Stanford Bio-X Talks in English (T.I.E.)
Introducing a broad range of scientific research in the Stanford Bio-X community through jargon-free lectures and discussion.
Lunch will be provided for in-person attendees who attend both talks in full.
12:00 PM
JULIA SALZMAN, Associate Professor of Biomedical Data Science, of Biochemistry and (by courtesy) of Statistics and of Biology
Genomics Without Genomes
Approximations are foundational to science: from physics to statistics to biology. This talk will investigate the historical origins of a fundamental approximation used in today's approach to genomics and biology: the reference genome. I will discuss research in our group that provides an alternative paradigm based on a simple idea, that bypassing the use of reference genomes for discovery and analysis of genomic data. This paradigm has implications for multiple disciplines that contribute to genomics: including of biology, biomedicine, statistics and computational science. In biology and biomedicine, a new paradigm for discovery enables extraction of biology — across the tree of life — that has been previously missed, with implications for health disparities. I will also discuss how this paradigm increases statistical precision, decreases speed and resource requirements for genomic analysis, and how it significantly reduces the barriers for computational scientists to enter and contribute to the field of genomics.
12:30 PM
ANDREAS TOLIAS, Professor of Ophthalmology
Foundation Models of the Brain: A Less Artificial Intelligence
‘You … your memories and ambitions, your sense of personal identity and free will, are in fact no more than the behavior of a vast assembly of nerve cells …’ Crick’s words capture the profound challenge of decrypting the neural code.
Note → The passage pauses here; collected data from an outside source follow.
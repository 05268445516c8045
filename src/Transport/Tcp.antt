-- ===== src/Transport/Tcp.antt =====
-- Connecting and accepting over TCP (src/transport/tcp.rs). What the sockets and the timer do is an
-- argument.
use rust_modbus.Prelude.{
  ℕ, ◌≤◌, ◌≡◌, refl, inl, inr, Bool, true, Option, none, some, arith, leb, if◌then◌else◌,
  Bool-cases, ok, err, stuck,
}
use rust_modbus.Error.{Result, timeout, ◌>>=◌}
use rust_modbus.Transport.Stream.{FrameTransport, new_transport}

-- A duration is its nanoseconds.
pub record TcpConfig : Type 0 where
  pub connect_timeout : ℕ
  pub nodelay : Bool

-- `TcpConfig::default`
abbrev pub default : TcpConfig
default = record { connect_timeout = 5000000000; nodelay = true }

-- An attempt that ends after some time, or never.
pub data Ending : Type 0 where
  after : (time : ℕ) → Result (Unit {0}) → Ending
  never : Ending

-- `with_connect_timeout`: the timer of `timeout` polls the attempt first.
unfoldable pub with_connect_timeout : ℕ → Ending → Result (Unit {0})
with_connect_timeout limit never = err (timeout "connect")
with_connect_timeout limit (after time result) =
    if leb time limit then result else err (timeout "connect")

-- `connect_tcp_framed`: the transport, and the value that `set_nodelay` was called with, if it was.
unfoldable pub connect_tcp_framed :
    TcpConfig → Ending → (nodelay_set : Result (Unit {0})) → Result FrameTransport × Option Bool
unfolding with_connect_timeout
connect_tcp_framed config attempt nodelay_set =
    elim (with_connect_timeout config.connect_timeout attempt) [
      | ok connected ↦ (nodelay_set >>= (λ applied. ok new_transport), some config.nodelay)
      | err error ↦ (err error, none)
      | stuck ↦ (stuck, none)
    ]

-- `accept_framed`: the socket accepts a peer.
unfoldable pub accept_framed : Result ℕ → Result (FrameTransport × ℕ)
accept_framed accepted = do peer ← accepted; ok (new_transport, peer)

-- A transport that `connect_tcp_framed` returns is fresh, its connection came within the timeout of
-- the configuration, and the option of the configuration was set on its socket.
pub connect_tcp_framed-ok :
    (config : TcpConfig) (attempt : Ending) (nodelay_set : Result (Unit {0}))
    (transport : FrameTransport)
    → (connect_tcp_framed config attempt nodelay_set).0 ≡ ok transport
    → (transport ≡ new_transport)
      × (nodelay_set ≡ ok tt)
      × ((connect_tcp_framed config attempt nodelay_set).1 ≡ some config.nodelay)
      × ((time : ℕ) × (attempt ≡ after time (ok tt)) × (time ≤ config.connect_timeout))
unfolding connect_tcp_framed with_connect_timeout
connect_tcp_framed-ok config never nodelay_set transport h = cc
connect_tcp_framed-ok config (after time (err error)) nodelay_set transport h =
    absurd (ground arith)
connect_tcp_framed-ok config (after time stuck) nodelay_set transport h = absurd (ground arith)
connect_tcp_framed-ok config (after time (ok done)) (err error) transport h = absurd (ground arith)
connect_tcp_framed-ok config (after time (ok done)) stuck transport h = absurd (ground arith)
connect_tcp_framed-ok config (after time (ok done)) (ok applied) transport h =
    elim (Bool-cases (leb time config.connect_timeout)) [
      | inl e ↦
          let within : time ≤ config.connect_timeout = ground arith in
          (ground arith, refl, rw (e, connect_tcp_framed) refl, (time, refl, within))
      | inr e ↦ absurd (ground arith)
    ]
This challenge has long been hindered by our limited ability to record activity from large neuronal populations under the complex, variable conditions in which brains evolve, and our capacity to model the intricate relationships between stimuli, behaviors, and neural activity. Recent breakthroughs are starting to overcome these barriers. Cutting-edge technologies now enable large-scale recordings, while AI can construct predictive brain models that link stimuli, neural activity, and behavior. These digital twins open the door to limitless in silico experiments, testing theories that are otherwise impossible at scale in living brains. I will discuss our work in creating these digital twins and uncovering neural representation mechanisms, which we validate with closed-loop experiments.